**Collected data**
---+---

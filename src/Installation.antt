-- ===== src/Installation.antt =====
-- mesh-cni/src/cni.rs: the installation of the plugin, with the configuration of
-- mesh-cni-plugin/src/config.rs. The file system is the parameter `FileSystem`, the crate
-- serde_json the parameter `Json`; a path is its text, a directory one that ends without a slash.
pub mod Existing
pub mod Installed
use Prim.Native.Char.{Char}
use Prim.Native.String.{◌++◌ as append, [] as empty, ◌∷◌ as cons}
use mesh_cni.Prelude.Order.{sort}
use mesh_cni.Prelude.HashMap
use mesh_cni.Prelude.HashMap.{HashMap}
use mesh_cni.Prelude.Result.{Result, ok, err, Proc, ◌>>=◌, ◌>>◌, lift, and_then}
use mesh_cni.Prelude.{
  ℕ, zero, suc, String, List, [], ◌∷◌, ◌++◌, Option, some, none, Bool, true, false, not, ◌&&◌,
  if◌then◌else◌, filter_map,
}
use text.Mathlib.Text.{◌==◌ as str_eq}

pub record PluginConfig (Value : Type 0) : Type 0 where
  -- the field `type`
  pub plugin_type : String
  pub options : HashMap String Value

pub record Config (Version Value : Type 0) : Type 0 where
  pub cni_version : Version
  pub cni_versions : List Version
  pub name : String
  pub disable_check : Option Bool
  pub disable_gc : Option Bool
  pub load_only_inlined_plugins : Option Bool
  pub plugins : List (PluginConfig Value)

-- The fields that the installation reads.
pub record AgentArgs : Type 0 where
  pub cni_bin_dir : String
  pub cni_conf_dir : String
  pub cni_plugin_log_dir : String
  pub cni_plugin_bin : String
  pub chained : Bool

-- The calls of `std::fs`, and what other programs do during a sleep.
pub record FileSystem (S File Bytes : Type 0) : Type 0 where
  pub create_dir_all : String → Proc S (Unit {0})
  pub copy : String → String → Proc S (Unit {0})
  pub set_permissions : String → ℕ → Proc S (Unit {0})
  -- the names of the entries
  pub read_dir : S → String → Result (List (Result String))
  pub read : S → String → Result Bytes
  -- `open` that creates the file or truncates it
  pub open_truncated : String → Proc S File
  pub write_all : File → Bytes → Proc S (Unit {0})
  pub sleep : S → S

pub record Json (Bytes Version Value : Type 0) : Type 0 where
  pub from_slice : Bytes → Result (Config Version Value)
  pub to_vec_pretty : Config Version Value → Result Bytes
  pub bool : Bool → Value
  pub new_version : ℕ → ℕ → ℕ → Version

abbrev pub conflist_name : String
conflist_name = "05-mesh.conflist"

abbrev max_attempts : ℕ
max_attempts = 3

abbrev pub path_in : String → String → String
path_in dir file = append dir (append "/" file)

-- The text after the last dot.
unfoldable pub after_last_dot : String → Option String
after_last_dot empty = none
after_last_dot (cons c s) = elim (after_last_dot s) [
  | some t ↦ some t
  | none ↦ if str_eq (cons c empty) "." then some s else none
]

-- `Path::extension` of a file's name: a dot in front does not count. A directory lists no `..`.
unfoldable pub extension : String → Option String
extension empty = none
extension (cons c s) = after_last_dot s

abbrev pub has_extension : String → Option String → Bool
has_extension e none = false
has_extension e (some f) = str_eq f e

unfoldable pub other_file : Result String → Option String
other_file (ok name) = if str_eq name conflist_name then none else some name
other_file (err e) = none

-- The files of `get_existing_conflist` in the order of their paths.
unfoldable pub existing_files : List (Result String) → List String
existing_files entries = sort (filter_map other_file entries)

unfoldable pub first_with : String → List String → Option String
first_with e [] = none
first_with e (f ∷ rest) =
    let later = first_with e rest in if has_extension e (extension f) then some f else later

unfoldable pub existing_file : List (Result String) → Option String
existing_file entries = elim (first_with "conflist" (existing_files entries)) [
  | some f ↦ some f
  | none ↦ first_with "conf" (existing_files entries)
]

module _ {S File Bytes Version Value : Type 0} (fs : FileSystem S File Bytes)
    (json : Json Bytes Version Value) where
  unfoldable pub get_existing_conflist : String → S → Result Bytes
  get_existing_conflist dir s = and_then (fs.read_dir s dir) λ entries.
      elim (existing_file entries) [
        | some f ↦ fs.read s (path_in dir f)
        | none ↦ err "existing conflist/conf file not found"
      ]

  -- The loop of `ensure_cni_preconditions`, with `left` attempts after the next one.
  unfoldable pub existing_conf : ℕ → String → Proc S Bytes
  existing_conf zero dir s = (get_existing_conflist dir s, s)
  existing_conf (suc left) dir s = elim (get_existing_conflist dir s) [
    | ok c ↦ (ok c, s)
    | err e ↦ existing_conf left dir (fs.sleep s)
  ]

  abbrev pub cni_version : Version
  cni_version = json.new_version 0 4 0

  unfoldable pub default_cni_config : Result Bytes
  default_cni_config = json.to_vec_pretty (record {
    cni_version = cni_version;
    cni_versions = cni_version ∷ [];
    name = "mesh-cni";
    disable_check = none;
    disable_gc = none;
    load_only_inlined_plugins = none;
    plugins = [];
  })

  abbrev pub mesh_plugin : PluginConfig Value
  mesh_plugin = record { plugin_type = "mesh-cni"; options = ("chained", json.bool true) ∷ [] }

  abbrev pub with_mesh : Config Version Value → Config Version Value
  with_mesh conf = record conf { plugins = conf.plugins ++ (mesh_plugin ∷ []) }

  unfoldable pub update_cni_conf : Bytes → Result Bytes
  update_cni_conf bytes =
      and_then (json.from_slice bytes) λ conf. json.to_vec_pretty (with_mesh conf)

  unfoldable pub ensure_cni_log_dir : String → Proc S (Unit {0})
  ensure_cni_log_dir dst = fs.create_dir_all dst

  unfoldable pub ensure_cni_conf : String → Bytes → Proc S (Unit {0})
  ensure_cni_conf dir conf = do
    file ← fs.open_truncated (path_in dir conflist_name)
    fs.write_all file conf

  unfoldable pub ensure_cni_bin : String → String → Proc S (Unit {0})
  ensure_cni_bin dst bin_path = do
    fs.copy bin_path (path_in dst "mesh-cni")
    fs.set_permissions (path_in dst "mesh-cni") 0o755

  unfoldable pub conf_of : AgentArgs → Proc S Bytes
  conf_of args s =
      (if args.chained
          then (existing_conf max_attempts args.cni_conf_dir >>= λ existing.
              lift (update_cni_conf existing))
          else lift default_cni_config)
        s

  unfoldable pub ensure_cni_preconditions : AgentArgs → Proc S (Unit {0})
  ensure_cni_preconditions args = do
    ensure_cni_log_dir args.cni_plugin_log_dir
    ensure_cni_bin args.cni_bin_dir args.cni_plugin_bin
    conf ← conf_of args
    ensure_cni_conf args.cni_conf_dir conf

---+---

Of the lines above, extract only those from the line with "pub disable_check : Option Bool" to the line with "pub copy : String", both included, exactly as written.

**ANSWER AREA**
  pub disable_check : Option Bool
  pub disable_gc : Option Bool
  pub load_only_inlined_plugins : Option Bool
  pub plugins : List (PluginConfig Value)

-- The fields that the installation reads.
pub record AgentArgs : Type 0 where
  pub cni_bin_dir : String
  pub cni_conf_dir : String
  pub cni_plugin_log_dir : String
  pub cni_plugin_bin : String
  pub chained : Bool

-- The calls of `std::fs`, and what other programs do during a sleep.
pub record FileSystem (S File Bytes : Type 0) : Type 0 where
  pub create_dir_all : String → Proc S (Unit {0})
  pub copy : String → String → Proc S (Unit {0})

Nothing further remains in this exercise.